浅井 2011年6月、文学フリマの会場で偶然お会いしたのが最初です。当時は「別冊文藝春秋」編集部にいたのですが、ある先輩が「ピースの又吉が別冊文藝春秋を読んでいるとブログに書いていたよ」と教えてくれて、よほど小説が好きな方なんだろうと思っていた矢先のことでした。又吉さんはプライベートで会場にいらしていて、全く芸能人ぽくなかったんです(笑)。シャイで朴訥とした印象で、でも急に声を掛けたのに、ちゃんとこちらを向いて話していただいた感じがしました。ほんの僅か3、4分の出来事でしたが、その壁のなさに感動したのを覚えています。

大川 その感覚は僕もわかるなあ。又吉さんは、本当に澄んだ目をお持ちです。これはちょっとテレビで見ていては伝わらなくて、相対した者が感じるものだと思う。

篠田 お会いしてみると、静かにお話しになる本当に素敵な方ですよね。

大川 たとえるなら、静かな山の中の湖のような方。そして又吉さんの文学的教養の深さ、広さについては、お書きになったエッセイや書評などを通じてすでに知られていましたが、お話しした瞬間にその人格の高さに惚れ込みましたね(笑)。

浅井 偶然ながら出会いは幸運だったなと思います。そうしてお人柄に接して、誠実に本を読まれている方だと感じ、改めてエッセイや俳句などを読み返してみました。文体があり、芸人という職業柄ということもあるかもしれませんが、独自の観察眼とエピソードの切り口や描き方が面白い。本格的な小説を読んでみたい、と純粋に思いました。
 ただ、すぐに作品をいただけたわけではありません。又吉さんは、自分がどう見られているか、自分の言葉がどう伝わっているかに敏感で、芸人として自分が納得のいく表現を常に目指す、芯の強い方。加えて本、とくに小説へは強い思い入れをお持ちで、好きゆえに書くことを躊躇われていました。しばらく「書いてください」と愚直にお願いして、別冊文藝春秋に自伝的な短編を二篇書いていただきました。初めての小説とは思えないぐらい面白くて、嬉しかったですね。 別冊文藝春秋に掲載された短編小説「そろそろ帰ろかな」(299号)と「夕暮れに鼻血」(301号)

著者と作品に惚れ込む

浅井 その後、「文學界」編集部への異動を経て、2014年春に改めて小説執筆をお願いしたところ、「一から新しい作品を書きたい」と仰ってくださって。芸人の小説と話しあいのなかで決め、一篇で本として刊行できるように、少なくとも150枚、年末までに書いていただきたいとお願いしました。

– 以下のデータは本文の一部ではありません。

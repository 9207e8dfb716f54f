-- ===== src/Backups/Keeping.antt =====
-- What keep_resource keeps of a resource and add_resources sorts by its type: only what is asked for.

use ivory_operator.Backups.{
  dedicated_repo_host_enabled, backup_schedule_found, label_pgbackrest_backup, ◌∷◌, Repo,
}
use ivory_operator.Backups.Cleanup.{
  secret_list, label_pgbackrest_restore, config_map_list, label_pgbackrest_cron_job, cron_job_list,
  pgbackrest_ssh_secret, label_pgbackrest_dedicated, pgbackrest_ssh_config, stateful_set_list,
  pvc_list, label_pgbackrest_config, repo_of, has_label, job_list, RepoResources, ResourceKind,
  for_repos, keep_resource, jobs_of, CleanupSpec, add_resources, for_schedule, RepoResource,
}
use ivory_operator.Backups.Spared.{first_named, is_scheduled_by, is_needed}
use ivory_operator.Prelude.{
  not, ◌&&◌, sym, refl, eq_iff, arith, subst, [], false, inr, true, str_eq, Bool, inl, label, ◌≡◌,
  any, ◌++◌, String, Bool-cases, if_elim, filter, List, All,
}
use ivory_operator.Volumes.Existing.{label_pgbackrest_repo_volume}

abbrev pub IsNeeded : CleanupSpec → RepoResource → Type 0
IsNeeded spec r = is_needed spec r ≡ true

-- A job of a type of backup that is asked for.
abbrev pub IsNeededJob : CleanupSpec → String → RepoResource → Type 0
IsNeededJob spec backup_type job =
    IsNeeded spec job × (label label_pgbackrest_backup job.labels ≡ backup_type)

-- Each list of the resources holds only what is asked for, and the lists of jobs those of their type.
pub record AreNeeded (spec : CleanupSpec) (rs : RepoResources) : Type 0 where
  pub first_backups : All (IsNeededJob spec "replica-create") rs.replica_create_backup_jobs
  pub manual_backups : All (IsNeededJob spec "manual") rs.manual_backup_jobs
  pub volumes : All (IsNeeded spec) rs.pvcs
  pub hosts : All (IsNeeded spec) rs.hosts
  pub cronjobs : All (IsNeeded spec) rs.cronjobs

pub All-append :
    {A : Type 0} (P : A → Type 0) (xs ys : List A) → All P xs → All P ys → All P (xs ++ ys)
All-append P [] ys h k = k
All-append P (x ∷ xs) ys (h, hs) k = (h, All-append P xs ys hs k)

for_repos-none :
    (fits : Repo → Bool) (repos : List Repo) (r : RepoResource)
    → any fits repos ≡ false
    → for_repos fits repos r ≡ []
unfolding for_repos any
for_repos-none fits [] r e = refl
for_repos-none fits (repo ∷ rest) r e = ground (arith, for_repos-none fits rest r)

for_schedule-none :
    (repos : List Repo) (r : RepoResource)
    → is_scheduled_by repos r ≡ false
    → for_schedule repos r ≡ []
unfolding for_schedule is_scheduled_by first_named repo_of
for_schedule-none [] r e = refl
for_schedule-none (repo ∷ rest) r e = ground (arith, for_schedule-none rest r)

-- What nothing asks for is not kept.
keep_resource-none :
    (spec : CleanupSpec) (r : RepoResource) → is_needed spec r ≡ false → keep_resource spec r ≡ []
unfolding keep_resource is_needed has_label repo_of pgbackrest_ssh_config pgbackrest_ssh_secret
keep_resource-none spec r e =
    let volume =
      for_repos-none (λ (repo : Repo). repo.has_volume && str_eq repo.name (repo_of r)) spec.repos
        r in
    let backup = for_repos-none (λ (repo : Repo). str_eq repo.name (repo_of r)) spec.repos r in
    ground (arith, volume, backup, for_schedule-none spec.repos r)

module _ (P : RepoResource → Type 0) (r : RepoResource) (h : P r) where
  for_repos-All : (fits : Repo → Bool) (repos : List Repo) → All P (for_repos fits repos r)
  unfolding for_repos
  for_repos-All fits [] = tt
  for_repos-All fits (repo ∷ rest) =
      if_elim {A = List RepoResource} (All P) (fits repo) (λ _. (h, for_repos-All fits rest))
        (λ _. for_repos-All fits rest)

  for_schedule-All : (repos : List Repo) → All P (for_schedule repos r)
  unfolding for_schedule
  for_schedule-All [] = tt
  for_schedule-All (repo ∷ rest) =
      if_elim {A = List RepoResource} (All P) (str_eq repo.name (repo_of r))
        (λ _.
          if_elim {A = List RepoResource} (All P)
            (backup_schedule_found repo (label label_pgbackrest_cron_job r.labels)) (λ _. (h, tt))
            (λ _. tt))
        (λ _. for_schedule-All rest)

  -- Only the resource itself is kept.
  keep_resource-All : (spec : CleanupSpec) → All P (keep_resource spec r)
  unfolding keep_resource
  keep_resource-All spec =
      if_elim {A = List RepoResource} (All P) (has_label label_pgbackrest_config r) (λ _. (h, tt))
        (λ _.
          if_elim {A = List RepoResource} (All P) (has_label label_pgbackrest_dedicated r)
            (λ _.
              if_elim {A = List RepoResource} (All P)
                (not (str_eq r.name (pgbackrest_ssh_config spec.cluster_name))
                  && not (str_eq r.name (pgbackrest_ssh_secret spec.cluster_name))
                  && dedicated_repo_host_enabled spec.repos)
                (λ _. (h, tt)) (λ _. tt))
            (λ _.
              if_elim {A = List RepoResource} (All P) (has_label label_pgbackrest_repo_volume r)
                (λ _. for_repos-All _ spec.repos)
                (λ _.
                  if_elim {A = List RepoResource} (All P) (has_label label_pgbackrest_backup r)
                    (λ _. for_repos-All _ spec.repos)
                    (λ _.
                      if_elim {A = List RepoResource} (All P)
                        (has_label label_pgbackrest_cron_job r) (λ _. for_schedule-All spec.repos)
                        (λ _.
                          if_elim {A = List RepoResource} (All P)
                            (has_label label_pgbackrest_restore r)
                            (λ _.
                              if_elim {A = List RepoResource} (All P) (not spec.bootstrapped)
                                (λ _. (h, tt)) (λ _. tt))
                            (λ _. tt))))))

pub keep_resource-IsNeeded :
    (spec : CleanupSpec) (r : RepoResource) → All (IsNeeded spec) (keep_resource spec r)
keep_resource-IsNeeded spec r = elim (Bool-cases (is_needed spec r)) [
  | inl e ↦ keep_resource-All (IsNeeded spec) r e spec
  | inr e ↦ subst (All (IsNeeded spec)) (sym (keep_resource-none spec r e)) tt
]

jobs_of-IsNeededJob :
    (spec : CleanupSpec) (backup_type : String) (items : List RepoResource)
    → All (IsNeeded spec) items
    → All (IsNeededJob spec backup_type) (jobs_of backup_type items)
unfolding jobs_of filter
jobs_of-IsNeededJob spec backup_type [] h = tt
jobs_of-IsNeededJob spec backup_type (job ∷ rest) (h, hs) =
    if_elim {A = List RepoResource} (All (IsNeededJob spec backup_type))
      (str_eq (label label_pgbackrest_backup job.labels) backup_type)
      (λ e. (
        (h, (eq_iff (label label_pgbackrest_backup job.labels) backup_type).0 e),
        jobs_of-IsNeededJob spec backup_type rest hs,
      ))
      (λ _. jobs_of-IsNeededJob spec backup_type rest hs)

pub add_resources-AreNeeded :
    (spec : CleanupSpec) (kind : ResourceKind) (items : List RepoResource) (rs : RepoResources)
    → All (IsNeeded spec) items
    → AreNeeded spec rs
    → AreNeeded spec (add_resources kind items rs)
unfolding add_resources
add_resources-AreNeeded spec job_list items rs h before = record {
  first_backups =
      All-append _ rs.replica_create_backup_jobs _ before.first_backups
        (jobs_of-IsNeededJob spec "replica-create" items h);
  manual_backups =
      All-append _ rs.manual_backup_jobs _ before.manual_backups
        (jobs_of-IsNeededJob spec "manual" items h);
  volumes = before.volumes;
  hosts = before.hosts;
  cronjobs = before.cronjobs;
}
add_resources-AreNeeded spec pvc_list items rs h before = record {
  first_backups = before.first_backups;
  manual_backups = before.manual_backups;
  volumes = All-append _ rs.pvcs items before.volumes h;
  hosts = before.hosts;
  cronjobs = before.cronjobs;
}
add_resources-AreNeeded spec stateful_set_list items rs h before = record {
  first_backups = before.first_backups;
  manual_backups = before.manual_backups;
  volumes = before.volumes;
  hosts = All-append _ rs.hosts items before.hosts h;
  cronjobs = before.cronjobs;
}
add_resources-AreNeeded spec cron_job_list items rs h before = record {
  first_backups = before.first_backups;
  manual_backups = before.manual_backups;
  volumes = before.volumes;
  hosts = before.hosts;
  cronjobs = All-append _ rs.cronjobs items before.cronjobs h;
}
add_resources-AreNeeded spec config_map_list items rs h before = before
add_resources-AreNeeded spec secret_list items rs h before = before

田中 超多忙な方ですが、原稿は順調に届いたのですか。

浅井 それはもう驚くばかりで、2カ月ほどで230枚を書き上げてくださいました。途中で、「書いたので読んでください」と何度か原稿をいただき、又吉さんの「この場面どう思われますか」という疑問に対して、私が読んでどう思っているかお話をしました。作品へのめり込みつつも客観的な視点をお持ちで、修正するか否かの判断も的確な方ですが、又吉さんが何を表現したいのか、何を伝えたいと思っているのか、読者への媒介者として相談相手になることが私の役割だったと思います。

大川 それでも「火花」というタイトルは、又吉さんもいろいろな迷いの中で、最後これでいくということだったんですよね。

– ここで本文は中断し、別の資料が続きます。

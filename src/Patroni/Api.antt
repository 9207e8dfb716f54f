-- ===== src/Patroni/Api.antt =====
-- internal/patroni/api.go: the Executor, which calls "patronictl" in a pod, and PodRequiresRestart of
-- internal/patroni/reconcile.go.

-- What a command prints, and its error.
use text.Mathlib.Text.{find?}
use ivory_operator.Instances.{Pod}
use ivory_operator.Kube.{found, failed, Answer}
use ivory_operator.Prelude.{
  ◌&&◌, is_empty, none, inr, str_eq, label, [], concat, if◌then◌else◌, is_some, some, inl, ◌⊎◌, ◌∷◌,
  Bool, ℕ, List, String, Option,
}

pub record Output (E : Type 0) : Type 0 where
  pub stdout : String
  pub stderr : String
  pub err : Option E

-- An element of the list that "patronictl list" prints.
pub record Member : Type 0 where
  pub role : String
  pub state : String
  pub timeline : ℕ

-- strings.Contains
unfoldable pub contains : String → String → Bool
contains text part = is_some (find? text part)

-- `exec` with standard input and a command line. `encode` and `decode_members` are those of
-- encoding/json, and `new_error` is errors.New.
pub record Executor (E J : Type 0) : Type 0 where
  pub exec : String → List String → Output E
  pub encode : J → String ⊎ E
  pub decode_members : String → Answer E (List Member)
  pub new_error : String → E

-- The first leader that runs.
unfoldable pub leader_timeline : List Member → ℕ
leader_timeline [] = 0
leader_timeline (m ∷ rest) =
    let later = leader_timeline rest in
    if str_eq m.role "Leader" && str_eq m.state "running" then m.timeline else later

module _ {E J : Type 0} (x : Executor E J) where
  unfoldable pub change_primary_and_wait : String → String → Bool × Option E
  unfolding contains
  change_primary_and_wait current next =
      let out = x.exec "" (
        "patronictl"
        ∷ "switchover"
        ∷ "--scheduled=now"
        ∷ "--force"
        ∷ concat ("--master=" ∷ current ∷ [])
        ∷ concat ("--candidate=" ∷ next ∷ [])
        ∷ []) in
      (contains out.stdout "switched over", out.err)

  unfoldable pub switchover_and_wait : String → Bool × Option E
  unfolding contains
  switchover_and_wait target =
      let out = x.exec "" (
        "patronictl"
        ∷ "switchover"
        ∷ "--scheduled=now"
        ∷ "--force"
        ∷ concat ("--candidate=" ∷ target ∷ [])
        ∷ []) in
      (contains out.stdout "switched over", out.err)

  unfoldable pub failover_and_wait : String → Bool × Option E
  unfolding contains
  failover_and_wait target =
      let out =
        x.exec ""
          ("patronictl" ∷ "failover" ∷ "--force" ∷ concat ("--candidate=" ∷ target ∷ []) ∷ []) in
      (contains out.stdout "failed over", out.err)

  -- The encoder ends its output with a newline.
  unfoldable pub replace_configuration : J → Option E
  replace_configuration configuration = elim (x.encode configuration) [
    | inl text ↦ (x.exec text ("patronictl" ∷ "edit-config" ∷ "--replace=-" ∷ "--force" ∷ [])).err
    | inr e ↦ some e
  ]

  unfoldable pub restart_pending_members : String → String → Option E
  restart_pending_members role scope =
      (x.exec "" (
        "patronictl"
        ∷ "restart"
        ∷ "--pending"
        ∷ "--force"
        ∷ concat ("--role=" ∷ role ∷ [])
        ∷ scope
        ∷ [])).err

  unfoldable pub timeline_of : Answer E (List Member) → ℕ × Option E
  unfolding leader_timeline
  timeline_of (failed e) = (0, some e)
  timeline_of (found members) = (leader_timeline members, none)

  unfoldable pub read_list : Output E → ℕ × Option E
  unfolding timeline_of
  read_list out = elim out.err [
    | some e ↦ (0, some e)
    | none ↦
        if is_empty out.stderr
        then timeline_of (x.decode_members out.stdout)
        else (0, some (x.new_error out.stderr))
  ]

  unfoldable pub get_timeline : ℕ × Option E
  unfolding read_list
  get_timeline = read_list (x.exec "" ("patronictl" ∷ "list" ∷ "--format" ∷ "json" ∷ []))

-- PodRequiresRestart
unfoldable pub pod_requires_restart : Pod → Bool
unfolding contains
pod_requires_restart pod = contains (label "status" pod.annotations) "\"pending_restart\":true"

-- PodIsStandbyLeader
unfoldable pub pod_is_standby_leader : Pod → Bool
unfolding contains
pod_is_standby_leader pod = contains (label "status" pod.annotations) "\"role\":\"standby_leader\""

浅井 ほかにも幾つも候補があって、又吉さんとの話し合いのなかで絞られていきました。作品は、芸人の「徳永」やその先輩「神谷」が花火会場で漫才をする場面から始まります。芸人同士の言葉の火花が散り、芸人の生きざまは火の粉のようでもある。そして、又吉さんはピースの前に「線香花火」というコンビを組んでいた……。そうしたいろんな点が線で繋がって、このタイトルに落ち着きました。

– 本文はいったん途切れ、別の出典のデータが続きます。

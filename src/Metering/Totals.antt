-- ===== src/Metering/Totals.antt =====
-- The groups of `get_action_unit_economics` account for every row of the query, once.
use shiku_ai_powered_sales_d.Prelude.{
  All, Bool-cases, List, Option, Text, [], arith, false, inl, inr, length, refl, text_eq, ℕ, ◌+◌,
  ◌∙◌, ◌∷◌, ◌≡◌,
}
use shiku_ai_powered_sales_d.Metering.Schema.{Meter}
use shiku_ai_powered_sales_d.Metering.Economics.{
  Bucket, Joined, add_row, add_to, get_action_unit_economics, group_rows, joined_rows, new_bucket,
  sum_of,
}

-- What a call of `add_row` adds to the total of one column.
sum-add_row :
    (f : Bucket → ℕ) (n : ℕ) (r : Joined) (bs : List Bucket)
    → f (new_bucket r.action_type) ≡ 0
    → ((b : Bucket) → f (add_to r b) ≡ f b + n)
    → sum_of f (add_row r bs) ≡ sum_of f bs + n
sum-add_row f n r [] z step = omega (arith, z, step (new_bucket r.action_type))
sum-add_row f n r (b ∷ bs) z step = elim (Bool-cases (text_eq b.action_type r.action_type)) [
  | inl e ↦ rw e (omega (arith, step b))
  | inr e ↦ rw e (omega (arith, sum-add_row f n r bs z step))
]

sum-group_rows :
    (f : Bucket → ℕ) (g : Joined → ℕ) (rs : List Joined) (bs : List Bucket)
    → ((t : Text) → f (new_bucket t) ≡ 0)
    → ((r : Joined) (b : Bucket) → f (add_to r b) ≡ f b + g r)
    → sum_of f (group_rows rs bs) ≡ sum_of f bs + sum_of g rs
unfolding group_rows
sum-group_rows f g [] bs z step = omega arith
sum-group_rows f g (r ∷ rs) bs z step = omega (
  arith,
  sum-group_rows f g rs (add_row r bs) z step,
  sum-add_row f (g r) r bs (z r.action_type) (step r),
)

sum-group_rows_nil :
    (f : Bucket → ℕ) (g : Joined → ℕ) (rs : List Joined)
    → ((t : Text) → f (new_bucket t) ≡ 0)
    → ((r : Joined) (b : Bucket) → f (add_to r b) ≡ f b + g r)
    → sum_of f (group_rows rs []) ≡ sum_of g rs
sum-group_rows_nil f g rs z step = omega (arith, sum-group_rows f g rs [] z step)

length-sum : (rs : List Joined) → sum_of (λ (r : Joined). 1) rs ≡ length rs
length-sum [] = refl
length-sum (r ∷ rs) = omega (arith, length-sum rs)

-- No two groups are of one type of action.
abbrev pub GroupsDistinct : List Bucket → Type 0
GroupsDistinct [] = Unit {0}
GroupsDistinct (b ∷ bs) =
    All (λ (c : Bucket). text_eq b.action_type c.action_type ≡ false) bs × GroupsDistinct bs

All-add_row :
    (t : Text) (r : Joined) (bs : List Bucket)
    → text_eq t r.action_type ≡ false
    → All (λ (c : Bucket). text_eq t c.action_type ≡ false) bs
    → All (λ (c : Bucket). text_eq t c.action_type ≡ false) (add_row r bs)
All-add_row t r [] n h = (n, tt)
All-add_row t r (b ∷ bs) n h = elim (Bool-cases (text_eq b.action_type r.action_type)) [
  | inl e ↦ rw e (h.0, h.1)
  | inr e ↦ rw e (h.0, All-add_row t r bs n h.1)
]

GroupsDistinct-add_row :
    (r : Joined) (bs : List Bucket) → GroupsDistinct bs → GroupsDistinct (add_row r bs)
GroupsDistinct-add_row r [] h = (tt, tt)
GroupsDistinct-add_row r (b ∷ bs) h = elim (Bool-cases (text_eq b.action_type r.action_type)) [
  | inl e ↦ rw e (h.0, h.1)
  | inr e ↦ rw e (All-add_row b.action_type r bs e h.0, GroupsDistinct-add_row r bs h.1)
]

GroupsDistinct-group_rows :
    (rs : List Joined) (bs : List Bucket) → GroupsDistinct bs → GroupsDistinct (group_rows rs bs)
unfolding group_rows
GroupsDistinct-group_rows [] bs h = h
GroupsDistinct-group_rows (r ∷ rs) bs h =
    GroupsDistinct-group_rows rs (add_row r bs) (GroupsDistinct-add_row r bs h)

-- The groups of `get_action_unit_economics` are of different types of action, and their counts of
-- actions, credits, tokens and calls sum to those of the rows of the query: no row is lost and none
-- is counted twice.
pub get_action_unit_economics-totals :
    (org : Option ℕ) (st : Meter)
    → let rows = joined_rows org st in
      let groups = get_action_unit_economics org st in
      GroupsDistinct groups
      × (sum_of (λ (b : Bucket). b.action_count) groups ≡ length rows)
      × (sum_of (λ (b : Bucket). b.credits_used) groups
          ≡ sum_of (λ (r : Joined). r.credits_used) rows)
      × (sum_of (λ (b : Bucket). b.total_tokens) groups
          ≡ sum_of (λ (r : Joined). r.total_tokens) rows)
      × (sum_of (λ (b : Bucket). b.llm_calls) groups ≡ sum_of (λ (r : Joined). r.llm_calls) rows)
unfolding get_action_unit_economics
get_action_unit_economics-totals org st =
    let rows = joined_rows org st in
    (
      GroupsDistinct-group_rows rows [] tt,
      sum-group_rows_nil (λ (b : Bucket). b.action_count) (λ (r : Joined). 1) rows (λ t. refl)
            (λ r b. refl)
          ∙ length-sum rows,
      sum-group_rows_nil (λ (b : Bucket). b.credits_used) (λ (r : Joined). r.credits_used) rows
          (λ t. refl) (λ r b. refl),
      sum-group_rows_nil (λ (b : Bucket). b.total_tokens) (λ (r : Joined). r.total_tokens) rows
          (λ t. refl) (λ r b. refl),
      sum-group_rows_nil (λ (b : Bucket). b.llm_calls) (λ (r : Joined). r.llm_calls) rows
          (λ t. refl) (λ r b. refl),
    )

大川 稀有な魅力がある内容なので、浅井さんも僕も、会って惚れ、読んで惚れ、何か微熱状態の中にずっといて、それが数多くの人にも伝播したということじゃないでしょうか。読者も同じで、高校生が「文學界って雑誌ありますか」と買いに来たんでしょう?

史上初の増刷に、又吉さんは「僕は、人間を深く掘り下げた小説に何度も救われてきました。『火花』は自分なりに人間を見つめて書いた作品です」とコメント 竹下 ええ、書店の注文を受ける営業としても前代未聞でしたね。通常、文學界は初版1万部ほどなのですが、発売日の午前中から追加注文が相次ぎ、早々に翌日の7000部増刷が決定したのですが……。

田中 宣伝プロモーション部から「1933年の創刊以来、史上初の増刷」というリリースを出してからお祭り騒ぎになってしまって。文學界という雑誌名がヤフートピックスに載ったことがもう画期的(笑)。

竹下 そのリリースで火がつきましたね。書店さんからの注文件数がケタ違いに増えました。そこで、発売翌々日にさらに増やして合計3万部の増刷となり、累計4万部になりました。

浅井 Twitter上で「〝文藝界〟をはじめて買った」とつぶやかれたり、駅の本屋さんのレジに「文學界売り切れです」というポップがはってあったりするのを見ては感動してましたね。